Community Assessment: Infrastructure

The Community Assessment is a critical step in understanding the Cheyenne area’s position and the issues that it faces in an increasingly competitive environment for new jobs, talent, and corporate investment. Below is just a segment from the full Community Assessment report.

Business Climate: Connectivity, Cost, and Other Considerations

Survey respondents who self-identified as a business owner, executive, or manager were asked to answer a series of questions related to Greater Cheyenne’s overall business climate, including questions related to labor costs. These survey respondents were asked to rate the degree to which each attribute was an advantage of disadvantage to existing and prospective new businesses in Greater Cheyenne.

INTERSTATE AND ROADWAY CONNECTIVITY: Interstate accessibility and roadway connectivity were the two most favorably rated elements of the business climate in Greater Cheyenne. The community is located on Interstate 25, which connects the community to Colorado communities, including Fort Collins and Denver, and Interstate 80, which connects the community to Chicago to the east and San Francisco to the west by way of and the University of Wyoming.

AIR AND RAIL CONNECTIVITY: Survey respondents rated passenger air connectivity by far the lowest of all business climate aspects, with 87 percent indicating that they believe this is a disadvantage or significant disadvantage and only 3.0 percent selecting advantage or significant advantage. With respect to the Cheyenne Regional Airport, stakeholders noted that they would like to see more frequent, affordable, and reliable options but understand the limitations of the market. In terms of Denver International Airport, several respondents noted that travel between Denver and Cheyenne can be particularly difficult at times, especially when there is an accident on the interstate.

LABOR COSTS: Generally speaking, business owners and executives view the community’s labor costs as advantageous: over 40 percent of survey respondents felt that the cost of labor in Greater Cheyenne was an advantage or significant advantage to the existing and prospective new businesses, while 16.8 percent felt that they were a disadvantage or major disadvantage.

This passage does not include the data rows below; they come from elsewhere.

-- ===== src/Lifecycle/Preserved.antt =====
-- compute_space/src/compute_space/core/apps.py: what changes of single rows and registrations keep, the
-- launches and deployments keep.
use aerosol.Prelude.{
  ◌≡◌, nat_eq, list_eq, if_elim, refl, Bool, true, false, Option, none, some, List, Text,
}
use aerosol.Prelude.Outcome.{Outcome, ok, err}
use aerosol.Db.{App, Db, running, error, starting}
use aerosol.Services.{ServiceProvides, register_services_provided_by_app}
use aerosol.Lifecycle.{AppManifest, update_app, mark_app_starting, keep_marker}
use aerosol.Lifecycle.Launch.{
  StopEnd, gone, still_there, stop_raised, leave_running, remove_stale, Runtime, Launch, Build,
  find_app, as_error, record_failure, prepare, set_container, remove_stale, stop_container,
  clean_up, finish, start, run_app_image, build_image, build_then_run_app, caught,
  deploy_app_background, no_answer_message, no_app_message, low_storage_message,
}
use aerosol.Lifecycle.Rows.{IsChange}

-- A property of the database that single rows may change under.
pub record IsStable (P : Db → Type 0) : Type 0 where
  pub changes :
      (app_id : Text) (change : App → App) (db : Db)
      → IsChange change
      → P db
      → P (update_app app_id change db)
  pub registers :
      (app_id : Text) (provides : List ServiceProvides) (db : Db)
      → P db
      → P (register_services_provided_by_app app_id provides db)

module _ (P : Db → Type 0) (stable : IsStable P) (app_id : Text) where
  abbrev Keeps : Runtime × Option Text → Type 0
  Keeps end = P end.0.db

  fail-Keeps :
      (message : Text) (container_id : Option Text) (rt : Runtime)
      → P rt.db
      → Keeps (record_failure app_id message container_id rt)
  unfolding record_failure
  fail-Keeps message container_id rt h =
      stable.changes app_id (as_error message container_id) rt.db
        (record { same_id = λ a. refl; same_name = λ a. refl; same_port = λ a. refl }) h

  clean_up-Keeps :
      (container_id message : Text) (rt : Runtime)
      → P rt.db
      → (end : StopEnd) → Keeps (clean_up app_id container_id message end rt)
  unfolding clean_up stop_container
  clean_up-Keeps container_id message rt h gone =
      fail-Keeps message none (stop_container container_id rt) h
  clean_up-Keeps container_id message rt h still_there = fail-Keeps message none rt h
  clean_up-Keeps container_id message rt h (stop_raised true) =
      fail-Keeps message (some container_id) (stop_container container_id rt) h
  clean_up-Keeps container_id message rt h (stop_raised false) =
      fail-Keeps message (some container_id) rt h

  finish-Keeps :
      (container_id : Text) (launch : Launch) (rt : Runtime)
      → P rt.db
      → Keeps (finish app_id container_id launch rt)
  unfolding finish
  finish-Keeps container_id launch rt h = by_answer launch.wait_for_ready
    where
      by_answer :
          (o : Outcome Text Bool)
          → Keeps (elim o as (λ _. Runtime × Option Text) [
            | ok true ↦ (
              record rt {
                db =
                    update_app app_id
                      (λ a. record a { status = running; error_message = none })
                      rt.db;
              },
              none,
            )
            | ok false ↦ (
              record rt {
                db =
                    update_app app_id
                      (λ a. record a { status = error; error_message = some no_answer_message })
                      rt.db;
              },
              none,
            )
            | err message ↦ clean_up app_id container_id message launch.stop rt
          ])
      by_answer (ok true) =
          stable.changes app_id (λ a. record a { status = running; error_message = none }) rt.db
            (record { same_id = λ a. refl; same_name = λ a. refl; same_port = λ a. refl }) h
      by_answer (ok false) =
          stable.changes app_id
            (λ a. record a { status = error; error_message = some no_answer_message }) rt.db
            (record { same_id = λ a. refl; same_name = λ a. refl; same_port = λ a. refl }) h
      by_answer (err message) = clean_up-Keeps container_id message rt h launch.stop

  stale_db : (b : Bool) (name : Text) (rt : Runtime) → (remove_stale b name rt).db ≡ rt.db
  unfolding remove_stale
  stale_db true name rt = refl
  stale_db false name rt = refl

  left_db : (o : Option Text) (name : Text) (rt : Runtime) → (leave_running o name rt).db ≡ rt.db
  unfolding leave_running
  left_db none name rt = refl
  left_db (some container_id) name rt = refl

  start-Keeps :
      (app_name : Text) (launch : Launch) (rt : Runtime)
      → P rt.db
      → Keeps (start app_id app_name launch rt)
  unfolding start set_container
  start-Keeps app_name launch rt h = by_run launch.run_container
    where
      cleared : Runtime
      cleared = remove_stale launch.stale_removed app_name rt

      at_start : P cleared.db
      at_start = rw (stale_db launch.stale_removed app_name rt) h

      by_run :
          (o : Outcome Text Text)
          → Keeps (elim o as (λ _. Runtime × Option Text) [
            | err message ↦
                record_failure app_id message none
                  (leave_running launch.left_running app_name cleared)
            | ok container_id ↦
                finish app_id container_id launch
                  (set_container app_id app_name container_id cleared)
          ])
      by_run (err message) =
          fail-Keeps message none (leave_running launch.left_running app_name cleared)
            (rw (left_db launch.left_running app_name cleared) at_start)
      by_run (ok container_id) =
          finish-Keeps container_id launch (set_container app_id app_name container_id cleared) (
            stable.changes app_id (λ a. record a { container_id = some container_id }) cleared.db
              (record { same_id = λ a. refl; same_name = λ a. refl; same_port = λ a. refl })
              at_start)

  pub mark_app_starting-Keeps : (db : Db) → P db → P (mark_app_starting app_id db)
  unfolding mark_app_starting
  mark_app_starting-Keeps db h =
      stable.changes app_id
        (λ a. record a { status = starting; error_message = keep_marker a.error_message }) db
        (record { same_id = λ a. refl; same_name = λ a. refl; same_port = λ a. refl }) h

  pub caught-Keeps : (end : Runtime × Option Text) → P end.0.db → P (caught app_id end).db
  unfolding caught
  caught-Keeps (rt, none) h = h
  caught-Keeps (rt, some message) h =
      stable.changes app_id (λ a. record a { status = error; error_message = some message }) rt.db
        (record { same_id = λ a. refl; same_name = λ a. refl; same_port = λ a. refl }) h

  module _ (digest : Text → Text) (manifest : AppManifest) (launch : Launch) where
    pub run_app_image-Keeps :
        (rt : Runtime) → P rt.db → P (run_app_image digest app_id manifest launch rt).0.db
    unfolding run_app_image prepare
    run_app_image-Keeps rt h = by_row (find_app app_id rt.db)
      where
        by_env :
            (row : App) (o : Outcome Text (Option Text))
            → Keeps (elim o as (λ _. Runtime × Option Text) [
              | err message ↦ record_failure app_id message row.container_id rt
              | ok token ↦ start app_id row.name launch (prepare digest app_id token manifest rt)
            ])
        by_env row (err message) = fail-Keeps message row.container_id rt h
        by_env row (ok token) =
            start-Keeps row.name launch (prepare digest app_id token manifest rt) (
              mark_app_starting-Keeps
                (register_services_provided_by_app app_id manifest.provides rt.db)
                (stable.registers app_id manifest.provides rt.db h))

        by_row :
            (o : Option App)
            → Keeps (elim o as (λ _. Runtime × Option Text) [
              | none ↦ (rt, some no_app_message)
              | some row ↦ elim launch.env_vars as (λ _. Runtime × Option Text) [
                | err message ↦ record_failure app_id message row.container_id rt
                | ok token ↦ start app_id row.name launch (prepare digest app_id token manifest rt)
              ]
            ])
        by_row none = h
        by_row (some row) = by_env row launch.env_vars

    pub deploy_app_background-Keeps :
        (low : Bool) (attempts : List Build) (rt : Runtime)
        → P rt.db
        → P (deploy_app_background digest app_id manifest low attempts launch rt).db
    unfolding deploy_app_background build_then_run_app
    deploy_app_background-Keeps low attempts rt h =
        if_elim (λ (r : Runtime). P r.db) low
          (λ full. caught-Keeps (rt, some low_storage_message) h)
          (λ fits.
            caught-Keeps
              (elim (build_image 3 attempts) as (λ _. Runtime × Option Text) [
                | some message ↦ (rt, some message)
                | none ↦ run_app_image digest app_id manifest launch rt
              ])
              (by_build (build_image 3 attempts)))
      where
        by_build :
            (o : Option Text)
            → P
                (elim o as (λ _. Runtime × Option Text) [
                  | some message ↦ (rt, some message)
                  | none ↦ run_app_image digest app_id manifest launch rt
                ]).0.db
        by_build (some message) = h
        by_build none = run_app_image-Keeps rt h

TAXES AND INCENTIVES: Aside from interstate and roadway connectivity, stakeholders also perceive the local tax environment as advantageous; just six percent of respondents viewed them as a disadvantage or significant disadvantage. These perceptions reflect the general conservative principles that governed the state and community for decades, including the lack of a personal or corporate income tax in Wyoming. However, many stakeholders expressed that the lack of a corporate income tax or gross receipts tax has not been a slam dunk for attracting companies—that they compete heavily with Colorado Front Range communities, which do levy taxes but are able to offer incentives. Many stakeholders expressed that they would like to be able to offer some form of an incentive beyond the provision of land, but state policy prohibits the abatement of other taxes such as property tax. This is also reflected in survey results: 34.8 percent of survey respondents indicated that the availability of economic incentives is a disadvantage or significant disadvantage, compared to 26.5 percent who consider it an advantage or significant disadvantage.

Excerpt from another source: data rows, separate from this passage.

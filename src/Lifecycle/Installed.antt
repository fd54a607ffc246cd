-- ===== src/Lifecycle/Installed.antt =====
-- compute_space/src/compute_space/core/apps.py (insert_and_deploy): the rows of a new app keep the
-- keys of the schema.
use aerosol.Prelude.Outcome.{Outcome, ok, err, both_answer, answer_same}
use aerosol.Prelude.{
  ℕ, nat_eq, list_eq, ◌==◌, eq_iff, if◌then◌else◌, ◌≡◌, refl, sym, ap, inl, inr, Bool, true, false,
  not, Option, none, some, List, [], ◌∷◌, ◌++◌, map, map-append_lem, arith, Elem, elem-append,
  elem-map_inv, Distinct, Distinct-append_one, any, any_complete, find?_sound, Text, Bool-cases,
}
use aerosol.Db.{App, PortRow, Db, building}
use aerosol.Ports.{Host, PortMapping, Result, allocate_port, resolve_port_mappings, main_ports}
use aerosol.Ports.Free.{IsConsistent}
use aerosol.Ports.Search.{allocate_port_lowest}
use aerosol.Ports.Install.{InstallPorts, install_ports, apply_overrides}
use aerosol.Services.{register_services_provided_by_app}
use aerosol.Lifecycle.{
  AppManifest, validate_manifest, has_app_id, mint_unique_app_id, with_manifest, new_app, port_row,
  InstallError, storage_is_low, no_port, no_id_drawn, insert_rows_of, insert_and_deploy,
}
use aerosol.Lifecycle.Rows.{ids_of}
use aerosol.Lifecycle.Orphans.{HasKeys}

-- The keys of the schema: ids, names and ports of the apps are distinct, and every mapping has its app.
pub record IsSound (db : Db) : Type 0 where
  pub keys : HasKeys db
  pub consistent : IsConsistent db

-- The database after an installation.
pub record IsInstalled (app_id app_name : Text) (manifest : AppManifest) (db after : Db)
    : Type 0 where
  pub row :
      (a : App) × Elem a after.apps
      × (a.app_id ≡ app_id)
      × (a.name ≡ app_name)
      × (a.status ≡ building)
      × (¬ Elem a.local_port (main_ports db))
  pub unused : ¬ Elem app_id (ids_of db)
  pub others : (a : App) → Elem a db.apps → Elem a after.apps
  pub sound : IsSound after

any-eq-false :
    {A : Type 0} (p : A → Bool) (a : A) (xs : List A) → any p xs ≡ false → Elem a xs → p a ≡ false
any-eq-false p a xs h m = elim (Bool-cases (p a)) [
  | inl e ↦ let k = any_complete p a xs m e in cc
  | inr e ↦ e
]

fresh_key :
    (key : App → Text) (value : Text) (rows : List App)
    → any (λ a. key a == value) rows ≡ false
    → ¬ Elem value (map key rows)
fresh_key key value rows h m =
    let (a, listed, e) = elem-map_inv key value rows m in
    let other = any-eq-false (λ a. key a == value) a rows h listed in
    let same = (eq_iff (key a) value).1 e in cc

name-fresh :
    (app_name : Text) (db : Db)
    → validate_manifest app_name db ≡ none
    → ¬ Elem app_name (map (λ (a : App). a.name) db.apps)
unfolding validate_manifest
name-fresh app_name db e = fresh_key (λ a. a.name) app_name db.apps (ground arith)

pub id-fresh :
    (draws : List Text) (db : Db) (app_id : Text)
    → mint_unique_app_id draws db ≡ some app_id
    → ¬ Elem app_id (ids_of db)
unfolding mint_unique_app_id has_app_id
id-fresh draws db app_id e =
    let (m, k) = find?_sound (λ c. not (has_app_id db c)) app_id draws e in
    fresh_key (λ a. a.app_id) app_id db.apps (ground arith)

port-fresh :
    (h : Host) (db : Db) (range_start range_end port : ℕ)
    → allocate_port h db range_start range_end ≡ ok port
    → ¬ Elem port (main_ports db)
port-fresh h db range_start range_end port e m =
    let free = ((allocate_port_lowest h db range_start range_end).0 port e).free in
    let (a, listed, same) = elem-map_inv (λ (a : App). a.local_port) port db.apps m in
    let none_at_all = free.no_main a listed same in cc

allocated-fresh :
    (h : Host) (db : Db) (range_start range_end : ℕ) (overrides : List (Text × ℕ))
    (mappings : List PortMapping) (ports : InstallPorts)
    → install_ports h db range_start range_end overrides mappings ≡ ok ports
    → ¬ Elem ports.local_port (main_ports db)
unfolding install_ports
allocated-fresh h db range_start range_end overrides mappings ports e =
    let (port, allocated, rest) = both_answer (allocate_port h db range_start range_end) _ e in
    let (resolved, r, made) =
      both_answer
        (resolve_port_mappings h db range_start range_end none (apply_overrides overrides mappings))
        _ rest in
    let same : port ≡ ports.local_port =
      ap (λ (p : InstallPorts). p.local_port) (sym (answer_same made)) in
    rw (← same) (port-fresh h db range_start range_end port allocated)

module _ (manifest : AppManifest) (app_id app_name : Text) (now : ℕ) (ports : InstallPorts)
    (db : Db) (sound : IsSound db) (new_id : ¬ Elem app_id (ids_of db))
    (new_name : ¬ Elem app_name (map (λ (a : App). a.name) db.apps))
    (new_port : ¬ Elem ports.local_port (main_ports db)) where
  abbrev added : App
  added = new_app manifest app_id app_name ports.local_port now

  one_more :
      {A : Type 0} (key : App → A) (a : App)
      → Distinct (map key db.apps)
      → ¬ Elem (key a) (map key db.apps)
      → Distinct (map key (db.apps ++ a ∷ []))
  one_more key a d fresh = rw map-append_lem (Distinct-append_one (key a) (map key db.apps) d fresh)

  linked :
      (m : PortRow)
      → Elem m (db.app_port_mappings ++ map (port_row app_id) ports.resolved_mappings)
      → (a : App) × Elem a (db.apps ++ added ∷ []) × (a.app_id ≡ m.app_id)
  unfolding new_app with_manifest
  linked m n =
      elim ((elem-append m db.app_port_mappings (map (port_row app_id) ports.resolved_mappings)).0
        n) [
          | inl old ↦
              let (a, listed, e) = sound.consistent.linked m old in
              (a, (elem-append a db.apps (added ∷ [])).1 (inl listed), e)
          | inr fresh ↦
              let (pm, listed, e) =
                elem-map_inv (port_row app_id) m ports.resolved_mappings fresh in
              (
                added,
                (elem-append added db.apps (added ∷ [])).1 (inr (inl refl)),
                ap (λ (x : PortRow). x.app_id) e,
              )
        ]

  insert_rows_of-IsInstalled :
      IsInstalled app_id app_name manifest db (insert_rows_of manifest app_id app_name now ports db)
  unfolding insert_rows_of register_services_provided_by_app new_app with_manifest
  insert_rows_of-IsInstalled = record {
    row = (
      added,
      (elem-append added db.apps (added ∷ [])).1 (inr (inl refl)),
      refl,
      refl,
      refl,
      new_port,
    );
    unused = new_id;
    others = λ a m. (elem-append a db.apps (added ∷ [])).1 (inl m);
    sound = record {
      keys = record {
        ids = one_more (λ (a : App). a.app_id) added sound.keys.ids new_id;
        names = one_more (λ (a : App). a.name) added sound.keys.names new_name;
      };
      consistent = record {
        distinct = one_more (λ (a : App). a.local_port) added sound.consistent.distinct new_port;
        linked = linked;
      };
    };
  }

module _ (h : Host) (low : Bool) (range_start range_end : ℕ) (overrides : List (Text × ℕ))
    (draws : List Text) (now : ℕ) (manifest : AppManifest) (app_name : Text) (db : Db) where
  -- What an installation answers: a failure, or the new database with the id.
  abbrev pub InstallsWell : Outcome InstallError (Db × Text) → Type 0
  InstallsWell answer = elim answer [
    | err failure ↦ Unit {0}
    | ok (after, app_id) ↦ IsInstalled app_id app_name manifest db after
  ]

  -- After the test of its name an app is installed with an id, a name and a port of its own that no app had, and in
  -- status building; the other apps stay, and the keys of the schema hold as before.
  pub insert_and_deploy-InstallsWell :
      IsSound db
      → validate_manifest app_name db ≡ none
      → InstallsWell
          (insert_and_deploy h low range_start range_end overrides draws now manifest app_name db)
  unfolding insert_and_deploy
  insert_and_deploy-InstallsWell sound named = by_space low
    where
      by_id :
          (ports : InstallPorts)
          → ¬ Elem ports.local_port (main_ports db)
          → (o : Option Text) → mint_unique_app_id draws db ≡ o
          → InstallsWell (elim o as (λ _. Outcome InstallError (Db × Text)) [
            | none ↦ err no_id_drawn
            | some app_id ↦ ok (insert_rows_of manifest app_id app_name now ports db, app_id)
          ])
      by_id ports fresh none e = tt
      by_id ports fresh (some app_id) e =
          insert_rows_of-IsInstalled manifest app_id app_name now ports db sound
            (id-fresh draws db app_id e) (name-fresh app_name db named) fresh

      by_ports :
          (o : Result InstallPorts)
          → install_ports h db range_start range_end overrides manifest.port_mappings ≡ o
          → InstallsWell (elim o as (λ _. Outcome InstallError (Db × Text)) [
            | err failure ↦ err (no_port failure)
            | ok ports ↦
                elim (mint_unique_app_id draws db) as (λ _. Outcome InstallError (Db × Text)) [
                  | none ↦ err no_id_drawn
                  | some app_id ↦ ok (insert_rows_of manifest app_id app_name now ports db, app_id)
                ]
          ])
      by_ports (err failure) e = tt
      by_ports (ok ports) e =
          by_id ports
            (allocated-fresh h db range_start range_end overrides manifest.port_mappings ports e)
            (mint_unique_app_id draws db) refl

      by_space :
          (b : Bool)
          → InstallsWell (
              if b
              then err storage_is_low
              else elim (install_ports h db range_start range_end overrides manifest.port_mappings)
                  as (λ _. Outcome InstallError (Db × Text)) [
                    | err failure ↦ err (no_port failure)
                    | ok ports ↦
                        elim (mint_unique_app_id draws db)
                          as (λ _. Outcome InstallError (Db × Text)) [
                            | none ↦ err no_id_drawn
                            | some app_id ↦
                                ok (insert_rows_of manifest app_id app_name now ports db, app_id)
                          ]
                  ])
      by_space true = tt
      by_space false =
          by_ports (install_ports h db range_start range_end overrides manifest.port_mappings) refl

PERMITTING: Generally speaking, the ease and speed of the permit review process is almost invariably one of if not the single worst-evaluated attribute of an area’s business climate. Although the evaluations are, on average, unfavorable (54 percent identify it as a disadvantage or major disadvantage), the degree to which respondents view it as a disadvantage is considerably lower than many other communities. Many other communities are far more negative when it comes to their evaluations of permitting, code enforcement, and other related city services. A number of stakeholders with familiarity of recent changes in staffing and process at the City of Cheyenne were very positive in discussing these changes, exhibiting optimism for the future.

UTILITIES: Many stakeholders mentioned low utility costs as a competitive advantage. However, survey respondents were split on the issue – 30 percent of respondents indicated that cost of utilities is an advantage or significant advantage in Greater Cheyenne while another 28 percent rated it a disadvantage or significant disadvantage. It has been noted that utility providers are strong economic development partners in Greater Cheyenne and across the state, providing incentives for energy-intensive businesses.

INTERNET CONNECTIVITY: Stakeholders noted that while this is a major asset for the area, it is not available to private firms, entrepreneurs, or residents. In fact, high speed internet access was one of the most cited infrastructure needs for Greater Cheyenne. One stakeholder noted, “Cheyenne lacks some of the basic infrastructure that families come to expect. Things like high speed cable are no longer an extravagance, but something that people living here come to expect.” Other survey respondents commented that they would like to see high-speed connectivity citywide and in outlying areas, citing Longmont, Colorado’s citywide fiber-optic internet service supported by taxpayers. Downtown business owners and stakeholders noted that connectivity in the community’s central business district is even a challenge, with some noting that it took them months to receive connectivity.